L  =  1Ncellsx,z[Gxzln ⁣(Pxz+ε)+(1Gxz)ln ⁣(1Pxz+ε)].L \;=\; -\frac{1}{N_{\text{cells}}} \sum_{x,z} \Big[ G_{xz} \ln\!\big(P_{xz} + \varepsilon\big) + (1 - G_{xz}) \ln\!\big(1 - P_{xz} + \varepsilon\big) \Big].

The gradient is derived by hand in three links, because this chapter owns the math it commits. Link one, loss to prediction: differentiating each term of LL with respect to the single cell PxzP_{xz} it mentions, Pln(P+ε)=1P+ε\frac{\partial}{\partial P}\ln(P+\varepsilon) = \frac{1}{P+\varepsilon} and Pln(1P+ε)=11P+ε\frac{\partial}{\partial P}\ln(1-P+\varepsilon) = \frac{-1}{1-P+\varepsilon}, so

LPxz  =  1Ncells[GxzPxz+ε    1Gxz1Pxz+ε].\frac{\partial L}{\partial P_{xz}} \;=\; -\frac{1}{N_{\text{cells}}}\left[ \frac{G_{xz}}{P_{xz}+\varepsilon} \;-\; \frac{1-G_{xz}}{1-P_{xz}+\varepsilon} \right].

Link two, prediction to attention: PxzP_{xz} is linear in αk\alpha_k with coefficient Ck[x,z]C_k[x,z], so the chain rule sums over every cell the attention touches,

gk    Lαk  =  x,zLPxzCk[x,z].g_k \;\equiv\; \frac{\partial L}{\partial \alpha_k} \;=\; \sum_{x,z} \frac{\partial L}{\partial P_{xz}}\, C_k[x,z].
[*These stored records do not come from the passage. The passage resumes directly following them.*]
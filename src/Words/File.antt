-- ===== src/Words/File.antt =====
-- The words of a whole file, as the loops of pppd/options.c take them: `getword` until the end.
use ppp.Prelude.{
  ℕ, zero, suc, ◌<◌, ◌≡◌, ◌≢◌, refl, Bool, true, Option, none, some, List, [], ◌∷◌, ◌++◌, length,
  AllBytes, arith, ◌⊎◌, inl, inr,
}
use ppp.Words.Defs.{maxwordlen, newline, Got, at_end, got, getword, is_space, finish}
use ppp.Words.Ends.{Taken, getword-Taken}
use ppp.Words.RoundTrip.{Piece, blank, is_gap, render, has_newline, quote, getword-quote}

-- The words of a file with the flags of `getword`, with fuel for the calls; `none` means that the
-- fuel ran out.
unfoldable pub read_all : ℕ → List ℕ → Option (List (List ℕ × Bool))
read_all zero f = none
read_all (suc n) f = elim (getword f) [
  | none ↦ none
  | some (at_end newlinep) ↦ some []
  | some (got w newlinep rest) ↦ elim (read_all n rest) [
    | none ↦ none
    | some words ↦ some ((w, newlinep) ∷ words)
  ]
]

-- A file with one word on each line, after white space and comments.
unfoldable pub print : List (List Piece × List ℕ) → List ℕ
print [] = newline ∷ []
print ((ps, w) ∷ lines) = render (blank newline ∷ ps) ++ (quote w ++ print lines)

unfoldable pub words : List (List Piece × List ℕ) → List (List ℕ × Bool)
words [] = []
words ((ps, w) ∷ lines) = (w, true) ∷ words lines

abbrev pub Fine : List (List Piece × List ℕ) → Type 0
Fine [] = Unit
Fine ((ps, w) ∷ lines) = (is_gap ps ≡ true) × (AllBytes w × ((length w < maxwordlen) × Fine lines))

print_starts : (lines : List (List Piece × List ℕ)) → (cs : List ℕ) × (print lines ≡ newline ∷ cs)
unfolding print render
print_starts [] = ([], refl)
print_starts ((ps, w) ∷ lines) = (render ps ++ (quote w ++ print lines), refl)

-- The next word of a printed file.
getword-print :
    (ps : List Piece) (w : List ℕ) (lines : List (List Piece × List ℕ))
    → is_gap ps ≡ true
    → AllBytes w
    → length w < maxwordlen
    → getword (print ((ps, w) ∷ lines)) ≡ some (got w true (print lines))
unfolding print is_gap is_space has_newline
getword-print ps w lines g all h =
    let s = print_starts lines in
    rw s.1 (getword-quote (blank newline ∷ ps) w newline s.0 g all h refl)

-- A file with one word to a line, written in quotes behind any white space and comments, is read
-- back word for word, each with the flag of a new line, and then the end is found: the comments have
-- no line end in them, and each word consists of bytes and has less than `MAXWORDLEN` of them.
pub read_all-print :
    (lines : List (List Piece × List ℕ))
    → Fine lines
    → read_all (suc (length lines)) (print lines) ≡ some (words lines)
unfolding words getword finish read_all print
read_all-print [] h = refl
read_all-print ((ps, w) ∷ lines) h =
    rw (getword-print ps w lines h.0 h.1.0 h.1.1.0, read_all-print lines h.1.1.1, read_all) refl

read_all-next :
    (n : ℕ) (f w rest : List ℕ) (newlinep : Bool)
    → getword f ≡ some (got w newlinep rest)
    → read_all n rest ≢ none
    → read_all (suc n) f ≢ none
unfolding read_all
read_all-next n f w rest newlinep e h = ground (arith, e)

read_all-end :
    (n : ℕ) (f : List ℕ) (newlinep : Bool)
    → getword f ≡ some (at_end newlinep)
    → read_all (suc n) f ≢ none
unfolding read_all
read_all-end n f newlinep e = rw (e, read_all) (ground arith)

Taken-cases :
    (n : ℕ) (r : Option Got)
    → Taken n r
    → ((newlinep : Bool) × (r ≡ some (at_end newlinep)))
      ⊎ ((w : List ℕ) × (newlinep : Bool) × (rest : List ℕ) × (r ≡ some (got w newlinep rest))
          × (length rest < n))
unfolding Taken
Taken-cases n none h = absurd h
Taken-cases n (some (at_end newlinep)) h = inl (newlinep, refl)
Taken-cases n (some (got w newlinep rest)) h = inr (w, newlinep, rest, refl, h.1)

-- Every file is read to its end: one call of `getword` for each of its bytes, and one more, is
-- enough.
read_all-ne-none : (n : ℕ) (f : List ℕ) → length f < n → read_all n f ≢ none
read_all-ne-none zero f h = elim h [ ]
read_all-ne-none (suc n) f h = elim (Taken-cases (length f) (getword f) (getword-Taken f)) [
  | inl (newlinep, e) ↦ read_all-end n f newlinep e
  | inr (w, newlinep, rest, e, shorter) ↦
      read_all-next n f w rest newlinep e (read_all-ne-none n rest (omega arith))
]
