-- ===== src/Words/Tests.antt =====
-- `getword` of pppd/options.c on concrete files.
use ppp.Prelude.{ℕ, ◌≡◌, refl, false, some, List, [], ◌∷◌, arith}
use ppp.Words.Defs.{
  getword, got, at_end, finish, is_space, round, plain_round, store, escaped_round, escaped_value,
  is_octal, hex, is_xdigit, xdigit_value,
}
use ppp.Words.Ends.{Taken, getword-Taken}
use ppp.Words.RoundTrip.{Piece, blank, comment, is_gap, no_newline}
use ppp.Words.File.{read_all-print, read_all, print, words}

-- ` a\x4a"b c"` and a line end.
abbrev mixed : List ℕ
mixed = 32 ∷ 97 ∷ 92 ∷ 120 ∷ 52 ∷ 97 ∷ 34 ∷ 98 ∷ 32 ∷ 99 ∷ 34 ∷ 10 ∷ []

mixed_word : getword mixed ≡ some (got (97 ∷ 74 ∷ 98 ∷ 32 ∷ 99 ∷ []) false (10 ∷ []))
unfolding getword finish is_space round plain_round store escaped_round escaped_value is_octal hex
    is_xdigit xdigit_value
mixed_word = refl

-- `""` at the end of the file is no word, but it is one before a line end.
empty_lost : getword (34 ∷ 34 ∷ []) ≡ some (at_end false)
unfolding getword finish is_space round plain_round store escaped_round escaped_value is_octal hex
    is_xdigit xdigit_value
empty_lost = refl

empty_kept : getword (34 ∷ 34 ∷ 10 ∷ []) ≡ some (got [] false (10 ∷ []))
unfolding getword finish is_space round plain_round store escaped_round escaped_value is_octal hex
    is_xdigit xdigit_value
empty_kept = refl

getword-Taken_example : Taken 12 (getword mixed)
getword-Taken_example = getword-Taken mixed

-- `# x` and an empty line.
abbrev gap : List Piece
gap = comment (32 ∷ 120 ∷ []) ∷ blank 10 ∷ []

abbrev two_lines : List (List Piece × List ℕ)
two_lines = (gap, 97 ∷ []) ∷ (([], 34 ∷ []) ∷ [])

read_all-print_example : read_all 3 (print two_lines) ≡ some (words two_lines)
unfolding is_gap no_newline is_space
read_all-print_example =
    read_all-print two_lines
      (refl, ((omega arith, tt), (omega arith, (refl, ((omega arith, tt), (omega arith, tt))))))
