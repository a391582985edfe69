-- ===== src/Sorting.antt =====
-- `Array.prototype.sort` with a comparison function, on short arrays: each element in turn is
-- inserted in front of the first one that the comparison puts behind it.
pub mod Keys
use mathlib.Core.List.{Perm, perm_middle}
use mathlib.Core.List.Perm
use clip_to_doc_archive.Prelude.{
  append_assoc, sym, ◌∙◌, subst, ◌≡◌, refl, ap, inl, inr, Bool, true, false, List, [], ◌∷◌, ◌++◌,
  arith, if◌then◌else◌, Bool-cases, All, append-nil,
}

module _ {ℓ} {A : Type ℓ} (before : A → A → Bool) where
  unfoldable pub insert_by : A → List A → List A
  insert_by x [] = x ∷ []
  insert_by x (y ∷ ys) = if before x y then x ∷ y ∷ ys else y ∷ insert_by x ys

  unfoldable pub sort_from : List A → List A → List A
  unfolding insert_by
  sort_from sorted [] = sorted
  sort_from sorted (x ∷ xs) = sort_from (insert_by x sorted) xs

  abbrev pub sort_by : List A → List A
  sort_by = sort_from []

  insert_by-perm : (x : A) (l : List A) → Perm (insert_by x l) (x ∷ l)
  unfolding insert_by
  insert_by-perm x [] = Perm.refl (x ∷ [])
  insert_by-perm x (y ∷ ys) = elim (Bool-cases (before x y)) [
    | inl here ↦ rw here (Perm.refl (x ∷ y ∷ ys))
    | inr later ↦ rw later (Perm.trans (Perm.cons y (insert_by-perm x ys)) (Perm.swap x y ys))
  ]

  sort_from-perm : (sorted l : List A) → Perm (sort_from sorted l) (l ++ sorted)
  unfolding sort_from
  sort_from-perm sorted [] = Perm.refl sorted
  sort_from-perm sorted (x ∷ xs) =
      Perm.trans (sort_from-perm (insert_by x sorted) xs)
        (Perm.trans (Perm.append_left xs (insert_by-perm x sorted)) (perm_middle xs sorted))

  -- Sorting keeps the elements.
  pub sort_by-perm : (l : List A) → Perm (sort_by l) l
  sort_by-perm l = subst (Perm (sort_by l)) (append-nil l) (sort_from-perm [] l)

  -- Every element may stand before each one behind it.
  abbrev pub IsOrdered : List A → Type ℓ
  IsOrdered [] = Unit
  IsOrdered (x ∷ xs) = All (λ y. before x y ≡ true) xs × IsOrdered xs

  -- No element may stand in front of one before it.
  abbrev pub IsStrict : List A → Type ℓ
  IsStrict [] = Unit
  IsStrict (x ∷ xs) = All (λ y. before y x ≡ false) xs × IsStrict xs

  insert_by_end : (x : A) (l xs : List A) → IsStrict (l ++ x ∷ xs) → insert_by x l ≡ l ++ x ∷ []
  unfolding insert_by
  insert_by_end x [] xs h = refl
  insert_by_end x (y ∷ l) xs h = rw (at_middle l h.0) (ap (◌∷◌ y) (insert_by_end x l xs h.1))
    where
      at_middle : (m : List A) → All (λ z. before z y ≡ false) (m ++ x ∷ xs) → before x y ≡ false
      at_middle [] k = k.0
      at_middle (z ∷ m) k = at_middle m k.1

  sort_from_of_IsStrict :
      (sorted l : List A) → IsStrict (sorted ++ l) → sort_from sorted l ≡ sorted ++ l
  unfolding sort_from
  sort_from_of_IsStrict sorted [] h = sym (append-nil sorted)
  sort_from_of_IsStrict sorted (x ∷ xs) h =
      ap (λ s. sort_from s xs) (insert_by_end x sorted xs h)
      ∙ sort_from_of_IsStrict (sorted ++ x ∷ []) xs
          (subst IsStrict (sym (append_assoc sorted (x ∷ []) xs)) h)
      ∙ append_assoc sorted (x ∷ []) xs

  -- A list in strict order stays as it is.
  pub sort_by_of_IsStrict : (l : List A) → IsStrict l → sort_by l ≡ l
  sort_by_of_IsStrict l h = sort_from_of_IsStrict [] l h

  -- The comparison is a total preorder.
  pub record IsTotal : Type ℓ where
    pub chain : (a b c : A) → before a b ≡ true → before b c ≡ true → before a c ≡ true
    pub either : (a b : A) → before a b ≡ false → before b a ≡ true

  module _ (t : IsTotal) where
    All-chain :
        (x y : A) (l : List A)
        → before x y ≡ true
        → All (λ z. before y z ≡ true) l
        → All (λ z. before x z ≡ true) l
    All-chain x y [] h k = tt
    All-chain x y (z ∷ l) h k = (t.chain x y z h k.0, All-chain x y l h k.1)

    All-insert_by :
        (y x : A) (l : List A)
        → before y x ≡ true
        → All (λ z. before y z ≡ true) l
        → All (λ z. before y z ≡ true) (insert_by x l)
    unfolding insert_by
    All-insert_by y x [] h k = (h, tt)
    All-insert_by y x (z ∷ l) h k = ground (arith, All-insert_by y x l h k.1)

    insert_by-IsOrdered : (x : A) (l : List A) → IsOrdered l → IsOrdered (insert_by x l)
    unfolding insert_by
    insert_by-IsOrdered x [] o = (tt, tt)
    insert_by-IsOrdered x (y ∷ ys) o = elim (Bool-cases (before x y)) [
      | inl here ↦ rw here ((here, All-chain x y ys here o.0), o)
      | inr later ↦
          rw later (All-insert_by y x ys (t.either x y later) o.0, insert_by-IsOrdered x ys o.1)
    ]

    sort_from-IsOrdered : (sorted l : List A) → IsOrdered sorted → IsOrdered (sort_from sorted l)
    unfolding sort_from
    sort_from-IsOrdered sorted [] o = o
    sort_from-IsOrdered sorted (x ∷ xs) o =
        sort_from-IsOrdered (insert_by x sorted) xs (insert_by-IsOrdered x sorted o)

    pub sort_by-IsOrdered : (l : List A) → IsOrdered (sort_by l)
    sort_by-IsOrdered l = sort_from-IsOrdered [] l tt

-- What holds of every element still holds after sorting.
module _ {ℓ κ} {A : Type ℓ} (before : A → A → Bool) (P : A → Type κ) where
  every-insert_by : (x : A) (l : List A) → P x → All P l → All P (insert_by before x l)
  unfolding insert_by
  every-insert_by x [] h k = (h, tt)
  every-insert_by x (y ∷ ys) h k = elim (Bool-cases (before x y)) [
    | inl here ↦ rw here (h, k)
    | inr later ↦ rw later (k.0, every-insert_by x ys h k.1)
  ]

  every-sort_from : (sorted l : List A) → All P sorted → All P l → All P (sort_from before sorted l)
  unfolding sort_from
  every-sort_from sorted [] h k = h
  every-sort_from sorted (x ∷ xs) h k =
      every-sort_from (insert_by before x sorted) xs (every-insert_by x sorted k.0 h) k.1

  pub All-sort_by : (l : List A) → All P l → All P (sort_by before l)
  All-sort_by l k = every-sort_from [] l tt k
Link three, attention to logits, through the softmax Jacobian αjwi=αj(δijαi)\frac{\partial \alpha_j}{\partial w_i} = \alpha_j(\delta_{ij} - \alpha_i), where δij\delta_{ij} is the Kronecker delta, equal to 11 when i=ji = j and 00 otherwise (Volume 3's attention chapter derived this entry by the quotient rule). Contract it against gg:

Lwi  =  jgjαj(δijαi)  =  giαi    αijαjgj  =  αi(gigˉ),gˉjαjgj,\frac{\partial L}{\partial w_i} \;=\; \sum_j g_j\, \alpha_j (\delta_{ij} - \alpha_i) \;=\; g_i \alpha_i \;-\; \alpha_i \sum_j \alpha_j g_j \;=\; \alpha_i \Big( g_i - \bar{g} \Big), \qquad \bar{g} \equiv \sum_j \alpha_j g_j,

where the first equality split the sum at the delta (only j=ij = i survives the δij\delta_{ij} term) and the second factored out αi\alpha_i. The closed form is the whole story of attention-based rule learning in one line: each template's logit moves in proportion to its current attention times how much better its gradient signal gig_i is than the attention-weighted average gˉ\bar{g}. Templates that explain the answers better than the current mixture pull attention toward themselves; the rest decay. The committed code is this algebra verbatim (satori_eval.py lines 195–202):

ex = np.exp(w - w.max())
alpha = ex / ex.sum()
P = np.tensordot(alpha, feats, axes=1)
L = -float(np.mean(G * np.log(P + EPS) + (1 - G) * np.log(1 - P + EPS)))
dP = -(G / (P + EPS) - (1 - G) / (1 - P + EPS)) / G.size
g = np.tensordot(feats, dP, axes=([1, 2], [0, 1]))
gw = alpha * (g - float(alpha @ g))
return L, gw, alpha

Trust, then verify: before training, the harness compares this hand gradient against central finite differences in all 25 coordinates at the uniform router and demands agreement below 10810^{-8} (lines 460–466). Then plain gradient descent, wwηL/w\mathbf{w} \leftarrow \mathbf{w} - \eta\, \partial L/\partial \mathbf{w} with learning rate η=5.0\eta = 5.0 for 400 steps from w=0\mathbf{w} = \mathbf{0} (every template at αk=1/25=0.04\alpha_k = 1/25 = 0.04). The committed trace:

[2] C2 — planted-rule recovery (softmax router over 25 chain templates)
hidden: grandAdvisor(x,z) ← advises(x,y) ∧ advises(y,z); supervision: its 3 query answers
hand gradient vs central differences: max error 1.17e-11 over 25 coordinates
loss: 0.0730 (step 1) → 0.0658 (step 10) → 0.0231 (step 100) → 0.0197 (step 400)
router attention: advises∘advises 0.9718 advises∘cites 0.0012 cites∘advises 0.0012 (rest ≤ the third)
decoded rule == the hidden kb rule, exactly (asserted)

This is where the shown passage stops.